Personalization makes it incredibly hard to "watch the watchers," because everyone is getting a slightly different view of what Google is doing. I would like to see a program where users submitted data about their recommendations to researchers so that we could uncover Google's opinions. It would have a lot of financial value to YouTubers and would make it harder for Google to abuse their role as censor.

I could imagine shadow-burning YouTubers without banning them by shrinking their recommendation audience.

Further, it would be good for Google. Every little shift in the weather is going to get blamed on them whether they deserve it or not, now that it's common knowledge that they weild this power in more than zero cases. Google is about to discover why judges write opinions. Administering justice from secret meetings leads to popular dissent more than it leads to justice.

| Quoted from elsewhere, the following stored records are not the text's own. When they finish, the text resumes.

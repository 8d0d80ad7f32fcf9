-- ===== src/AgentDrawer/Phases.antt =====
-- agentDrawerStore.ts: the phase of a channel's drawer and the conversation that it shows.
use tea_desktop.Base.{
  ℕ, ◌-◌, ◌≤◌, ◌≡◌, refl, sym, ap, ◌∙◌, true, false, not, ◌||◌, List, [], ◌∷◌, ◌++◌, Option, none,
  some, if◌then◌else◌, length, any, arith, All, Bool-cases, Option-cases, inl, inr, length-drop,
  length-filter-le,
}
use tea_desktop.Base.Map
use tea_desktop.Base.Text.{Text, text_eq}
use tea_desktop.AgentDrawer.Store.{
  AgentDrawerPhase, index, preparing, creating, active, AgentDrawerStore, AgentDrawerChannelState,
  AgentDrawerDraft, ChannelBinding, ChannelSourceInput, DraftPatch, AgentSessionListMode, ℤ, Action,
  activates, prepares, begins, completes, fails, selects, goes_back, lists, queries, scrolls,
  updates, stages, unstages, consumes, cancels, clears, disposes, keep_last, staged, max_sources,
  same_source,
}
use tea_desktop.AgentDrawer.Store as Store

-- The drawer shows a conversation exactly in the phase `active`; it is then the draft's as well.
abbrev pub Shows : AgentDrawerPhase → Option Text → Option Text → Type 0
Shows active selected conversation = (id : Text) × (selected ≡ some id) × (conversation ≡ some id)
Shows index selected conversation = selected ≡ none
Shows preparing selected conversation = selected ≡ none
Shows creating selected conversation = selected ≡ none

abbrev pub IsCoherent : AgentDrawerChannelState → Type 0
IsCoherent state =
    Shows state.phase state.selected_conversation_id state.draft.conversation_id
    × (length state.draft.sources ≤ max_sources)

shown_preparing :
    (phase : AgentDrawerPhase) (selected conversation : Option Text)
    → Store.is_preparing phase ≡ true
    → Shows phase selected conversation
    → selected ≡ none
shown_preparing index selected conversation e h = h
shown_preparing preparing selected conversation e h = h
shown_preparing creating selected conversation e h = h
shown_preparing active selected conversation e h = absurd (ground arith)

shown_creating :
    (phase : AgentDrawerPhase) (selected conversation : Option Text)
    → Store.is_creating phase ≡ true
    → Shows phase selected conversation
    → selected ≡ none
shown_creating index selected conversation e h = h
shown_creating preparing selected conversation e h = h
shown_creating creating selected conversation e h = h
shown_creating active selected conversation e h = absurd (ground arith)

-- An assignment that keeps a state coherent and leaves its binding.
abbrev pub KeepsAt :
    (AgentDrawerChannelState → AgentDrawerChannelState) → AgentDrawerChannelState → Type 0
KeepsAt change state =
    IsCoherent state → IsCoherent (change state) × ((change state).binding ≡ state.binding)

length-keep_last : (sources : List ChannelSourceInput) → length (keep_last sources) ≤ max_sources
unfolding keep_last
length-keep_last sources = ground (arith, length-drop (length sources - max_sources) sources)

pub length-staged :
    (source : ChannelSourceInput) (sources : List ChannelSourceInput)
    → length (staged source sources) ≤ max_sources
unfolding staged
length-staged source sources =
    length-keep_last (
      if any (λ value. same_source value source) sources then sources else sources ++ (source ∷ []))

length-without :
    (id : Text) (sources : List ChannelSourceInput)
    → length sources ≤ max_sources
    → length (Store.without id sources) ≤ max_sources
length-without id sources h = omega (
  arith,
  h,
  length-filter-le (λ (x : ChannelSourceInput). not (text_eq x.message_ref.message_client_id id))
      sources,
)

creating-KeepsAt :
    (state : AgentDrawerChannelState)
    → (not (Store.is_preparing state.phase) || not (Store.is_truthy state.draft.runtime_id)) ≡ false
    → KeepsAt (Store.set_phase creating) state
creating-KeepsAt state e c = ((shown_preparing state.phase _ _ (ground arith) c.0, c.1), refl)

selected-KeepsAt : (id : Text) (state : AgentDrawerChannelState) → KeepsAt (Store.selected id) state
selected-KeepsAt id state c = (((id, refl, refl), c.1), refl)

prepared-KeepsAt :
    (r : Option Text) (state : AgentDrawerChannelState) → KeepsAt (Store.prepared r) state
prepared-KeepsAt r state c = elim (Bool-cases (Store.is_truthy r)) [
  | inl e ↦ rw e ((refl, c.1), refl)
  | inr e ↦ rw e ((refl, c.1), refl)
]

failed-KeepsAt :
    (k : Text) (state : AgentDrawerChannelState)
    → KeepsAt (λ x. if Store.awaits x k then Store.set_phase preparing x else x) state
failed-KeepsAt k state c = elim (Bool-cases (Store.awaits state k)) [
  | inl e ↦ rw e ((shown_creating state.phase _ _ (ground arith) c.0, c.1), refl)
  | inr e ↦ rw e (c, refl)
]

module _ (serialize : Text → Text → Text → Text) (uuid : ℕ → Text) where
  abbrev pub key : ChannelBinding → Text
  key binding = Store.serialize_channel_binding serialize uuid binding

  -- A state is kept under the key of its own binding, and is coherent.
  abbrev pub IsKept : Text × AgentDrawerChannelState → Type 0
  IsKept e = (e.0 ≡ key e.1.binding) × IsCoherent e.1

  abbrev pub AreKept : AgentDrawerStore → Type 0
  AreKept s = All IsKept s.states

  ensure-AreKept :
      (s : AgentDrawerStore) (b : ChannelBinding)
      → AreKept s
      → AreKept (Store.ensure_state serialize uuid s b).0
        × IsKept (key b, (Store.ensure_state serialize uuid s b).1)
  unfolding Store.ensure_state
  ensure-AreKept s b i = elim (Option-cases (Map.get (key b) s.states)) [
    | inl e ↦
        rw (e, Store.ensure_state)
          (
            Map.All-set IsKept (key b) _ s.states i (refl, (refl, omega arith)),
            (refl, (refl, omega arith)),
          )
    | inr (state, e) ↦ rw (e, Store.ensure_state) (i, Map.All-get IsKept (key b) state s.states e i)
  ]

  assign-AreKept :
      (change : AgentDrawerChannelState → AgentDrawerChannelState)
      → (s : AgentDrawerStore) (b : ChannelBinding)
      → KeepsAt change (Store.ensure_state serialize uuid s b).1
      → AreKept s
      → AreKept (Store.assign serialize uuid change s b)
  unfolding Store.assign
  assign-AreKept change s b keeps i =
      let (kept, (own, coherent)) = ensure-AreKept s b i in
      let (next, same) = keeps coherent in
      Map.All-set IsKept (key b) (change (Store.ensure_state serialize uuid s b).1)
        (Store.ensure_state serialize uuid s b).0.states kept (own ∙ ap key (sym same), next)

  begin-AreKept :
      (s : AgentDrawerStore) (b : ChannelBinding)
      → AreKept s
      → AreKept (Store.begin_creation serialize uuid s b).0
  unfolding Store.begin_creation
  begin-AreKept s b i =
      let state = (Store.ensure_state serialize uuid s b).1 in
      elim (Bool-cases
        (not (Store.is_preparing state.phase) || not (Store.is_truthy state.draft.runtime_id))) [
          | inl e ↦ rw e ((ensure-AreKept s b i).0)
          | inr e ↦
              rw e (assign-AreKept (Store.set_phase creating) s b (creating-KeepsAt state e) i)
        ]

  complete-AreKept :
      (s : AgentDrawerStore) (b : ChannelBinding) (k id : Text)
      → AreKept s
      → AreKept (Store.complete_creation serialize uuid s b k id).0
  unfolding Store.complete_creation
  complete-AreKept s b k id i =
      let state = (Store.ensure_state serialize uuid s b).1 in
      elim (Bool-cases (not (Store.awaits state k))) [
        | inl e ↦ rw e ((ensure-AreKept s b i).0)
        | inr e ↦ rw e (assign-AreKept (Store.selected id) s b (selected-KeepsAt id state) i)
      ]

  activate-AreKept :
      (s : AgentDrawerStore) (b : Option ChannelBinding)
      → AreKept s
      → AreKept (Store.activate_binding serialize uuid s b)
  unfolding Store.activate_binding
  activate-AreKept s none i = i
  activate-AreKept s (some b) i = (ensure-AreKept (record s { active_key = some (key b) }) b i).0

  step-AreKept :
      (s : AgentDrawerStore) (a : Action) → AreKept s → AreKept (Store.step serialize uuid s a)
  unfolding Store.step Store.prepare Store.creation_failed Store.select_conversation Store.back
      Store.set_list_mode Store.set_query Store.set_scroll_offset Store.update_draft
      Store.stage_source Store.remove_source Store.consume_accepted_input Store.cancel_draft
      Store.clear_binding
  step-AreKept s (activates b) i = activate-AreKept s b i
  step-AreKept s (prepares b r) i =
      assign-AreKept (Store.prepared r) s b
        (prepared-KeepsAt r (Store.ensure_state serialize uuid s b).1) i
  step-AreKept s (begins b) i = begin-AreKept s b i
  step-AreKept s (completes b k id) i = complete-AreKept s b k id i
  step-AreKept s (fails b k) i = assign-AreKept _ s b (failed-KeepsAt k _) i
  step-AreKept s (selects b id) i =
      assign-AreKept (Store.selected id) s b
        (selected-KeepsAt id (Store.ensure_state serialize uuid s b).1) i
  step-AreKept s (goes_back b) i = assign-AreKept Store.to_index s b (λ c. ((refl, c.1), refl)) i
  step-AreKept s (lists b mode) i = assign-AreKept _ s b (λ c. (c, refl)) i
  step-AreKept s (queries b query) i = assign-AreKept _ s b (λ c. (c, refl)) i
  step-AreKept s (scrolls b offset) i = assign-AreKept _ s b (λ c. (c, refl)) i
  step-AreKept s (updates b patch) i = assign-AreKept _ s b (λ c. (c, refl)) i
  step-AreKept s (stages b source) i =
      assign-AreKept _ s b (λ c. ((c.0, length-staged source _), refl)) i
  step-AreKept s (unstages b id) i =
      assign-AreKept _ s b (λ c. ((c.0, length-without id _ c.1), refl)) i
  step-AreKept s (consumes b) i = assign-AreKept _ s b (λ c. ((c.0, omega arith), refl)) i
  step-AreKept s (cancels b) i = assign-AreKept _ s b (λ c. ((refl, omega arith), refl)) i
  step-AreKept s (clears b) i = Map.All-delete IsKept (key b) s.states i
  step-AreKept s disposes i = tt

  -- Whatever is done to a store in which this holds, as it does of an empty one: each state is kept under the key of its own
  -- binding, shows a conversation exactly when its phase is `active`, the one that its draft names,
  -- and has at most 20 sources staged.
  pub run-AreKept :
      (s : AgentDrawerStore) (actions : List Action)
      → AreKept s
      → AreKept (Store.run serialize uuid s actions)
  unfolding Store.run
  run-AreKept s [] i = i
  run-AreKept s (a ∷ actions) i =
      run-AreKept (Store.step serialize uuid s a) actions (step-AreKept s a i)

I clear my YouTube search and watch history about once a week. Partly because of privacy, but also because a single binge of, say, metal casting videos does not mean I want them recommend ever again in the future.


One thing this opens you up to is the average recommendation, which is biased towards inflammatory or click-bait content.


I do it every week as well and the recommendations start off being seeded from my subscriptions, not from the trending tab.


They use browser fingerprinting and/or IP addresses as well. Even on a brand new browser session, doing something even slightly related to the previous session brings back its entire recommendation history.


> doing something even slightly related to the previous session brings back its entire recommendation history.

Are you sure that it does, and that it's not just a case of "hey we've never seen this person before, but they watched X, let's immediately start with recommendations Y and Z because other people who watched X were engaged with it?"


I used to think that and gave them the benefit of the doubt, but then I realised that some of the videos being recommended had nothing to do with the one currently watched other than the fact I watched similar ones previously.


Yeah, the fact that I can clear cookies, open a private browsing window with tracking protection turned on, go to YouTube, and be asked which of my two gmail accounts I want to log in with, is pretty creepy.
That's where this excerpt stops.